Somewhere below, one line contains "-- Messages that" and a later line contains "-- What an open". Output those two lines and everything between them exactly, and nothing else.

[Opening MATERIAL TO PROCESS section]

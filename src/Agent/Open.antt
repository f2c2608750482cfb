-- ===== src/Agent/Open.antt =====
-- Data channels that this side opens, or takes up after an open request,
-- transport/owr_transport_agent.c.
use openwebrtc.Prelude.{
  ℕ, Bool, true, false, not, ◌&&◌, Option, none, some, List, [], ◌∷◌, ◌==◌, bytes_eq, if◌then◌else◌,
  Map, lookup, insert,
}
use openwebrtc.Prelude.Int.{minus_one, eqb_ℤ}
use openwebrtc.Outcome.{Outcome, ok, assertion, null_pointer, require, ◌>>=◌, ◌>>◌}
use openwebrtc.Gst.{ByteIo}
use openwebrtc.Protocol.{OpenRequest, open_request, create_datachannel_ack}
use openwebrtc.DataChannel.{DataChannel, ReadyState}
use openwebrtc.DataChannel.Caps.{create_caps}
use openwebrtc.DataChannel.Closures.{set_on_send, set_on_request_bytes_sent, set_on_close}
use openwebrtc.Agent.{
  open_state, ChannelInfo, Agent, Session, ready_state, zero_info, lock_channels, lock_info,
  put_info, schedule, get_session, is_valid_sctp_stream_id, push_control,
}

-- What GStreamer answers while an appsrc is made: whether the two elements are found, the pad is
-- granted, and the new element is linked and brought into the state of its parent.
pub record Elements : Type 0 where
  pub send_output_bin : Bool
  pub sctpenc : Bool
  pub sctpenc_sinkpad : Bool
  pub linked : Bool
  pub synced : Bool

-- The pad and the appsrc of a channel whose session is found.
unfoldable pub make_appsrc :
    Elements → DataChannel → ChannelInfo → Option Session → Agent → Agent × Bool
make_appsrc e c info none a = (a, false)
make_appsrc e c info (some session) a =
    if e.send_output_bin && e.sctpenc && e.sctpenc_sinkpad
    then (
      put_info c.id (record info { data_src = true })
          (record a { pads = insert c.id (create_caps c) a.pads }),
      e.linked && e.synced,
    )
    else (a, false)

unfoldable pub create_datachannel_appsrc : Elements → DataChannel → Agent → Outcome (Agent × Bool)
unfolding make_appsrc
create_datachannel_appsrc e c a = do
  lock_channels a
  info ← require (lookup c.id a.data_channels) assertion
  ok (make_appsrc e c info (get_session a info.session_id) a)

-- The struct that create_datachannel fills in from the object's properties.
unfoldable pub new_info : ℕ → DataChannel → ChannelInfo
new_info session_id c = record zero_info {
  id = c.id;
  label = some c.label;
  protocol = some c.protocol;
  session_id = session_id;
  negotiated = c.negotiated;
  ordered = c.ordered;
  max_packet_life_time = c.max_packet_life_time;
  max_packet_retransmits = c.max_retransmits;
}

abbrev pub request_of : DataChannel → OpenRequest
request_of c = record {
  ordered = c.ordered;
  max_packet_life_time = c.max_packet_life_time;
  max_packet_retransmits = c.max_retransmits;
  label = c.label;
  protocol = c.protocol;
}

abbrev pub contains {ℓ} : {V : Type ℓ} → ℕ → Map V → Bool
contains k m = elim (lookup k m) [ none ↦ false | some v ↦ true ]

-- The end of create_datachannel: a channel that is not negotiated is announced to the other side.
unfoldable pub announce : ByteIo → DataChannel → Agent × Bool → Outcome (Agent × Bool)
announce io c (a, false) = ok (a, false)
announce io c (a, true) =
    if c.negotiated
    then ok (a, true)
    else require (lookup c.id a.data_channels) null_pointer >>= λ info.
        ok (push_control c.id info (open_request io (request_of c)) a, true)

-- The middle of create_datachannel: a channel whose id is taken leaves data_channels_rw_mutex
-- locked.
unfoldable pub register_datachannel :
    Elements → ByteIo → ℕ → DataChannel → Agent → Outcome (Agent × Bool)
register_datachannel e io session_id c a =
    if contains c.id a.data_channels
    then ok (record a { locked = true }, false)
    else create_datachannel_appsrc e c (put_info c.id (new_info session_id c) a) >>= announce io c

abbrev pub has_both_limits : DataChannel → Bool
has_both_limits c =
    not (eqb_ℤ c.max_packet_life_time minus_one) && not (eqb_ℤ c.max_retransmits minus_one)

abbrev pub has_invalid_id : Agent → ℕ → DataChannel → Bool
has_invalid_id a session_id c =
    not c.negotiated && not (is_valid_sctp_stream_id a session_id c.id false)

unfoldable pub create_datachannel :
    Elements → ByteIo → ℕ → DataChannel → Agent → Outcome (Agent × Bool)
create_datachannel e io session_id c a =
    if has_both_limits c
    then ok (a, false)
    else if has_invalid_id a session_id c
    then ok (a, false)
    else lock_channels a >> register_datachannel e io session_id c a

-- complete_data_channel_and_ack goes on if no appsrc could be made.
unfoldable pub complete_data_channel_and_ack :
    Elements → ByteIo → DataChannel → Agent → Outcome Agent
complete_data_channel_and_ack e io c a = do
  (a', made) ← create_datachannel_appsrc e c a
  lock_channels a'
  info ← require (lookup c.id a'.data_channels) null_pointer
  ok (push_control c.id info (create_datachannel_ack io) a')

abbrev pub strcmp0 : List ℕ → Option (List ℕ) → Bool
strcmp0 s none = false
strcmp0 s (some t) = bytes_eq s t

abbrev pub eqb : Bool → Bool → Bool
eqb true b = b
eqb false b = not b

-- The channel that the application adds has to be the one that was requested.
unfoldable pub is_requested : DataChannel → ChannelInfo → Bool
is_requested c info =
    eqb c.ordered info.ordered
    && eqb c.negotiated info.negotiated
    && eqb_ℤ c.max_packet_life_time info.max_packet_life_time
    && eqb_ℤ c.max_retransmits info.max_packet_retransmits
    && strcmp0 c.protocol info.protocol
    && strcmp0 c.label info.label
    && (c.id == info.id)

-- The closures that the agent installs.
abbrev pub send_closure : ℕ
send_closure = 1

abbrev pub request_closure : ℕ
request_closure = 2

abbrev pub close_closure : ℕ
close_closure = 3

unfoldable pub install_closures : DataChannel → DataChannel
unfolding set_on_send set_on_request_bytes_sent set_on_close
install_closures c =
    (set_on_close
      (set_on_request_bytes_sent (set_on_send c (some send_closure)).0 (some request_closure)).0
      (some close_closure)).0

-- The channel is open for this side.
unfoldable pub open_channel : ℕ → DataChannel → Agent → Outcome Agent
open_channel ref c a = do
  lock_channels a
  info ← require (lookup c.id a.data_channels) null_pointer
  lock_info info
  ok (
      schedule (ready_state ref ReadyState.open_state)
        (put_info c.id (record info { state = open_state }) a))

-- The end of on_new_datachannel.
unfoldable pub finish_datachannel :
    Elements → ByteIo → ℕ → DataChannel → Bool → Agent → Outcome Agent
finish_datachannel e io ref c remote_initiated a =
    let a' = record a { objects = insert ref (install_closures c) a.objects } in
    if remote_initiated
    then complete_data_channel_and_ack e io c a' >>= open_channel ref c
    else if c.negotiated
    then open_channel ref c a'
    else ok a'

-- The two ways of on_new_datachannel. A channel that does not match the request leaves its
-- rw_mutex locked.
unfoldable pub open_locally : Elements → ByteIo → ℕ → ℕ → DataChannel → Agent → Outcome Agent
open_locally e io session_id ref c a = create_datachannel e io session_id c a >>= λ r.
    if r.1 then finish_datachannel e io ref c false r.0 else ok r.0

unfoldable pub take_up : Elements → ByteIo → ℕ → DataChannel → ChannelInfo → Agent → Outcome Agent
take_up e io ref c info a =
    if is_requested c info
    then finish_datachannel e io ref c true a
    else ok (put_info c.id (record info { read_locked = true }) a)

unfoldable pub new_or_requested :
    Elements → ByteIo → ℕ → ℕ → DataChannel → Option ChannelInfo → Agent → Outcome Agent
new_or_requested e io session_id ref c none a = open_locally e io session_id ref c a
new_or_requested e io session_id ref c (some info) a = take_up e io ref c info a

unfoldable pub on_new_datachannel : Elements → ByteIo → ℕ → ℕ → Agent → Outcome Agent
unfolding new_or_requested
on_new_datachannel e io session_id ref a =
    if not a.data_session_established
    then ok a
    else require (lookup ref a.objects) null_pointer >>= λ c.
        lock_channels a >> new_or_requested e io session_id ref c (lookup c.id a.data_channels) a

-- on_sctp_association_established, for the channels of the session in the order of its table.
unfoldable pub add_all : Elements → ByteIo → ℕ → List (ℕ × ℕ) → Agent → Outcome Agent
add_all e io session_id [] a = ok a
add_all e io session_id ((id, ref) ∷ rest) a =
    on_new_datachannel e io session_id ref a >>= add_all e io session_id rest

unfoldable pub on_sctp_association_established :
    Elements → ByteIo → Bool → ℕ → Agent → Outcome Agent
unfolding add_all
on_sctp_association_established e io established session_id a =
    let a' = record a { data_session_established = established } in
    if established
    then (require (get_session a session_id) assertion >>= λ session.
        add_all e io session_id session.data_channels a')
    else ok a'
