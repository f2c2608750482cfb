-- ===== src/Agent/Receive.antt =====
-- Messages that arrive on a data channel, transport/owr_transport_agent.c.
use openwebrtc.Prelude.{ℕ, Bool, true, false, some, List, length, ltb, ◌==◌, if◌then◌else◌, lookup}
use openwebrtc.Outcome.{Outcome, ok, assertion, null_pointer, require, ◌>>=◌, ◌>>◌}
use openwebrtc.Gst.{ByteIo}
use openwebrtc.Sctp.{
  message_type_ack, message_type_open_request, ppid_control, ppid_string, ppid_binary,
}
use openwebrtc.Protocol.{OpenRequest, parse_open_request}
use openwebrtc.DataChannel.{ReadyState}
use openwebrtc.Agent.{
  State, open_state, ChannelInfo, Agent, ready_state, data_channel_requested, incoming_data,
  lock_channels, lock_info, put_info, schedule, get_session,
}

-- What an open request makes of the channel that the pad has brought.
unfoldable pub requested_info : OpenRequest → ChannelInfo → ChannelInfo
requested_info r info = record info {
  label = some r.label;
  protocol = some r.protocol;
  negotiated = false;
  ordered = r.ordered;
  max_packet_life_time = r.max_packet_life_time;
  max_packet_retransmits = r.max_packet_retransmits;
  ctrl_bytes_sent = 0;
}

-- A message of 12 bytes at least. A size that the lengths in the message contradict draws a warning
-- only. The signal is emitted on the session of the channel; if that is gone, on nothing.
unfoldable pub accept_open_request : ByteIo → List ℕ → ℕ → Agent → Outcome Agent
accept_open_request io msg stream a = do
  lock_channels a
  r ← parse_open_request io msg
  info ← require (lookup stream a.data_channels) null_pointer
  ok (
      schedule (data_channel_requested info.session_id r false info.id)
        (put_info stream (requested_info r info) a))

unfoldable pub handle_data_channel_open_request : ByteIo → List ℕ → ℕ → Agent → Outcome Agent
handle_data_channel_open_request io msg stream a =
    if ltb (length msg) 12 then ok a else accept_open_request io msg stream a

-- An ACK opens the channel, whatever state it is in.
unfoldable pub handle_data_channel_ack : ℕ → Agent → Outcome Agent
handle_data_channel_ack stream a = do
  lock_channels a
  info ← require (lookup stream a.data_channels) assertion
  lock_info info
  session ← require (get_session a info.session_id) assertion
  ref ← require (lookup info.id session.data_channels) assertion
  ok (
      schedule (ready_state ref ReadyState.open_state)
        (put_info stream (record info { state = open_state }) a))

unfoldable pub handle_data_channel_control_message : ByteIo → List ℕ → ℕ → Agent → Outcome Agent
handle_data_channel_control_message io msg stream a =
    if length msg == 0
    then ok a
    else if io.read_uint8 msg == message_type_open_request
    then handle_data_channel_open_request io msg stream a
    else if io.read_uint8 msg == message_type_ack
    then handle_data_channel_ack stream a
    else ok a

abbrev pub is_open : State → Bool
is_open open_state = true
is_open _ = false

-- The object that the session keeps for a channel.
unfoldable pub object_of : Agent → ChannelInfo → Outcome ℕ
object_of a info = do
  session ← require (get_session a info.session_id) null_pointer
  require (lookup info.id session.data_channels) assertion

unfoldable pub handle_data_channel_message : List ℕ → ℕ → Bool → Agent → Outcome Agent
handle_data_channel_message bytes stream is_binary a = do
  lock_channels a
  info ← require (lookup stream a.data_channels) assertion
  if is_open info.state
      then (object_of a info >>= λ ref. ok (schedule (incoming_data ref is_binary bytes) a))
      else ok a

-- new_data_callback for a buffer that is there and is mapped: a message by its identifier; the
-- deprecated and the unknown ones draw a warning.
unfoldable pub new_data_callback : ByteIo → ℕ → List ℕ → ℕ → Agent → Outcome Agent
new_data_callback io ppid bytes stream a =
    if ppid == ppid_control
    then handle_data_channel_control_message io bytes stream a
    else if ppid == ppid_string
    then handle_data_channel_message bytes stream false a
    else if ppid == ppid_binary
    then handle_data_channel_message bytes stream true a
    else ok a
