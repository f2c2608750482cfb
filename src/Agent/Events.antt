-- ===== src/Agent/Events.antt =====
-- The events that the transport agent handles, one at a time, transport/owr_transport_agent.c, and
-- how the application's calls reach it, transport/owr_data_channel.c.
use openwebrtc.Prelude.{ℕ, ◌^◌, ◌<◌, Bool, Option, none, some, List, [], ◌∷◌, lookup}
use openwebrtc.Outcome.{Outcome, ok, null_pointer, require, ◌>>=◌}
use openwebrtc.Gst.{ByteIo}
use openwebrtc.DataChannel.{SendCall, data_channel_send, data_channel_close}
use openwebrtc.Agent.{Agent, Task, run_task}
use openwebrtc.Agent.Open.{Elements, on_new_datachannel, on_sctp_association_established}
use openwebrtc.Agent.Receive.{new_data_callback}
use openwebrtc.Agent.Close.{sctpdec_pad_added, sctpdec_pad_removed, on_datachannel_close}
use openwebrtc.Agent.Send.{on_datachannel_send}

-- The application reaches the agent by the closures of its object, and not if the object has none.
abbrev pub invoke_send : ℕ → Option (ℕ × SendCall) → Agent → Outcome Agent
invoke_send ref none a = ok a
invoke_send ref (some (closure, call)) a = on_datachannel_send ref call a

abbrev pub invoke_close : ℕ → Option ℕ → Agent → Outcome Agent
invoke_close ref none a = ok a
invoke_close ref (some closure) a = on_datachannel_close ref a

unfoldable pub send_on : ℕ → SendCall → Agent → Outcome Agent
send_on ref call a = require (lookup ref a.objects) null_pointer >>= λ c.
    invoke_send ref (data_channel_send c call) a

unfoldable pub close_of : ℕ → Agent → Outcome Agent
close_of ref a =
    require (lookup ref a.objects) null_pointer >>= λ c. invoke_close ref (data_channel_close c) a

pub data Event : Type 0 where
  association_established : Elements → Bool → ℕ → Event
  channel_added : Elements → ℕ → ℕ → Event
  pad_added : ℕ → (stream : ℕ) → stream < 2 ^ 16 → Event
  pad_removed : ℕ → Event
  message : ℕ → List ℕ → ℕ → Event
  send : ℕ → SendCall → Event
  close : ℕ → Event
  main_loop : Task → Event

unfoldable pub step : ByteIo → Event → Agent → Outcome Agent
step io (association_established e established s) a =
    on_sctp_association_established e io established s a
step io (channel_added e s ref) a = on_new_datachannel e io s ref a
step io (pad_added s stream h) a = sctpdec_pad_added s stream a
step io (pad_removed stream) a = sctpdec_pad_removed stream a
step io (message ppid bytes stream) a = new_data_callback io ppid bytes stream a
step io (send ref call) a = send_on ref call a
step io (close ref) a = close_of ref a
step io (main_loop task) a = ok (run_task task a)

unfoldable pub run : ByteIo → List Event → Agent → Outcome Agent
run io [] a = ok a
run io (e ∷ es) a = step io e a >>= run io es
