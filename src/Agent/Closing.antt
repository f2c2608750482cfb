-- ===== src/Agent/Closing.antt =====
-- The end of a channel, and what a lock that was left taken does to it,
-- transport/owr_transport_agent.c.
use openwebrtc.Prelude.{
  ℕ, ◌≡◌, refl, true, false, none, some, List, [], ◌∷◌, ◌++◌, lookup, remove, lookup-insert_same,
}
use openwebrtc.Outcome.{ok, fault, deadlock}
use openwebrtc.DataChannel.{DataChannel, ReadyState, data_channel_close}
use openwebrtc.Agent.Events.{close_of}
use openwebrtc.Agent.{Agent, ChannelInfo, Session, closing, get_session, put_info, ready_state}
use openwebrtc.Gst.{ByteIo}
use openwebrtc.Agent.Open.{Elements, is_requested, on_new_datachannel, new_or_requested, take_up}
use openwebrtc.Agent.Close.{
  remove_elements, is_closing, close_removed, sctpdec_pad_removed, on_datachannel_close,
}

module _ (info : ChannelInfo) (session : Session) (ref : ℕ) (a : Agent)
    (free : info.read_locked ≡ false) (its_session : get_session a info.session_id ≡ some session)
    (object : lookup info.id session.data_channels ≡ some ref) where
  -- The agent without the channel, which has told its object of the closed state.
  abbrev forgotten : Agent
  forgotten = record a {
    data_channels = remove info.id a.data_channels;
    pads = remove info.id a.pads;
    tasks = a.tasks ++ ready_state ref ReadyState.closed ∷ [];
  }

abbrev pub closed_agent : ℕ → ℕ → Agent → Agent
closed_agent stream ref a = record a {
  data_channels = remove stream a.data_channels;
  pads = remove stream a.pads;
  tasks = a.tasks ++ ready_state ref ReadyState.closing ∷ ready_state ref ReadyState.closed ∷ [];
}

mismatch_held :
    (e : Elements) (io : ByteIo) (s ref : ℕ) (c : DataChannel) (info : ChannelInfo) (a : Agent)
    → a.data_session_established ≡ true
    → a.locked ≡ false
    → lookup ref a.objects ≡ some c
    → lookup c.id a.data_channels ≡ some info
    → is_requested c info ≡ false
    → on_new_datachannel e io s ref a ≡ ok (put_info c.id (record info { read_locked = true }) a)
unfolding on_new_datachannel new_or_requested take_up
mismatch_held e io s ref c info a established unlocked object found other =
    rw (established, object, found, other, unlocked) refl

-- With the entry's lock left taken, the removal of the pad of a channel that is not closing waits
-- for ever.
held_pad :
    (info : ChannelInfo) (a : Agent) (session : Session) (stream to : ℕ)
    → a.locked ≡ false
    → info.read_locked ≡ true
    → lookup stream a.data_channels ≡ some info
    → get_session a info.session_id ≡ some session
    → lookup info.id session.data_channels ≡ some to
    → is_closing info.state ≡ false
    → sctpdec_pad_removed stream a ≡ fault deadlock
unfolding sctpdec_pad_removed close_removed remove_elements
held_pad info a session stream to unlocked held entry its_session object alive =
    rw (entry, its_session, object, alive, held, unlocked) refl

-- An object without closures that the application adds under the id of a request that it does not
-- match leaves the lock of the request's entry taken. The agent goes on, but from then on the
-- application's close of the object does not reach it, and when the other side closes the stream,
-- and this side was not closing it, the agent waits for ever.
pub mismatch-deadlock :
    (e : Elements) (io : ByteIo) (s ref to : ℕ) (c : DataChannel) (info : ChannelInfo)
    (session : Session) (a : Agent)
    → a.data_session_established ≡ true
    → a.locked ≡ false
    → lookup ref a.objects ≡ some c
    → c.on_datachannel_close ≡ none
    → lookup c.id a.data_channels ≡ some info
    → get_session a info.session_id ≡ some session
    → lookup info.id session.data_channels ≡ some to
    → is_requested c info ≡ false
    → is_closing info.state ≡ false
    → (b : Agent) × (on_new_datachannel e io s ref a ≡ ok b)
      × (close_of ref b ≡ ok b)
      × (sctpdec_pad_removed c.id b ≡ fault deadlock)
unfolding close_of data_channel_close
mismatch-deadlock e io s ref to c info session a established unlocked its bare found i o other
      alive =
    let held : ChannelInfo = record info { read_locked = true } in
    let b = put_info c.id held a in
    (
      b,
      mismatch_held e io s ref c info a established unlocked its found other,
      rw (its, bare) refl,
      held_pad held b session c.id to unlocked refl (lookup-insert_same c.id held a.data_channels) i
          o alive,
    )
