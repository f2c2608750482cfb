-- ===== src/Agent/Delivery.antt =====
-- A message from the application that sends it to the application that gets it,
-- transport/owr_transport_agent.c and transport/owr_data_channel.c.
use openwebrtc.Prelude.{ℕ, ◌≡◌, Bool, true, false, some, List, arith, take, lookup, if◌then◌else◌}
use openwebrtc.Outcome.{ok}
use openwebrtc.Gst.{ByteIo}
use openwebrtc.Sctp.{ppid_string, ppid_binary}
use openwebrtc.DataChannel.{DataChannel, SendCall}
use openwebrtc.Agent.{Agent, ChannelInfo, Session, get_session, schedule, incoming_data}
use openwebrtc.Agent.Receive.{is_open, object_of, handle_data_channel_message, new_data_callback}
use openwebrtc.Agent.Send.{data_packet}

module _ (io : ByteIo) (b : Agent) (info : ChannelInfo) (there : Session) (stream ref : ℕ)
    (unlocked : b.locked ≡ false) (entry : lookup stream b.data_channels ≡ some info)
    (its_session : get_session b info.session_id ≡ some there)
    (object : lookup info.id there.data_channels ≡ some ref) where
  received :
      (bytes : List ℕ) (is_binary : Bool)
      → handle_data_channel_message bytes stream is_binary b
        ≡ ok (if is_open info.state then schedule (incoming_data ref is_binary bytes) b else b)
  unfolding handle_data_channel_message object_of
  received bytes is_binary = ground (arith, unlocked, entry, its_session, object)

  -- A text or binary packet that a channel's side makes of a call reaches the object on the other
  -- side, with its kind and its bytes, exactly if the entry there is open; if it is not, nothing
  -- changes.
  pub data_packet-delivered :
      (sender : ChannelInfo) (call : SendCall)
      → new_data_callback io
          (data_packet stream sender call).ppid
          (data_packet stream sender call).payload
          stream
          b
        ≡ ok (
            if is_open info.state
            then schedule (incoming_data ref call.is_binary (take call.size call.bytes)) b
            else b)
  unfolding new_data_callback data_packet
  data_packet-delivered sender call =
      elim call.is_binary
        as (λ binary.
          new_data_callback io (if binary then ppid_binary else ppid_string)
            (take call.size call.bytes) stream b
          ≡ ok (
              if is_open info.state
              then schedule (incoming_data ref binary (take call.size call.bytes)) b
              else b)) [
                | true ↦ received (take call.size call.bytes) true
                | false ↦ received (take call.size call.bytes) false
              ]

[Closing MATERIAL TO PROCESS section]

§ **SOLUTION TO THIS TASK**:
-- Messages that arrive on a data channel, transport/owr_transport_agent.c.
use openwebrtc.Prelude.{ℕ, Bool, true, false, some, List, length, ltb, ◌==◌, if◌then◌else◌, lookup}
use openwebrtc.Outcome.{Outcome, ok, assertion, null_pointer, require, ◌>>=◌, ◌>>◌}
use openwebrtc.Gst.{ByteIo}
use openwebrtc.Sctp.{
  message_type_ack, message_type_open_request, ppid_control, ppid_string, ppid_binary,
}
use openwebrtc.Protocol.{OpenRequest, parse_open_request}
use openwebrtc.DataChannel.{ReadyState}
use openwebrtc.Agent.{
  State, open_state, ChannelInfo, Agent, ready_state, data_channel_requested, incoming_data,
  lock_channels, lock_info, put_info, schedule, get_session,
}

-- What an open request makes of the channel that the pad has brought.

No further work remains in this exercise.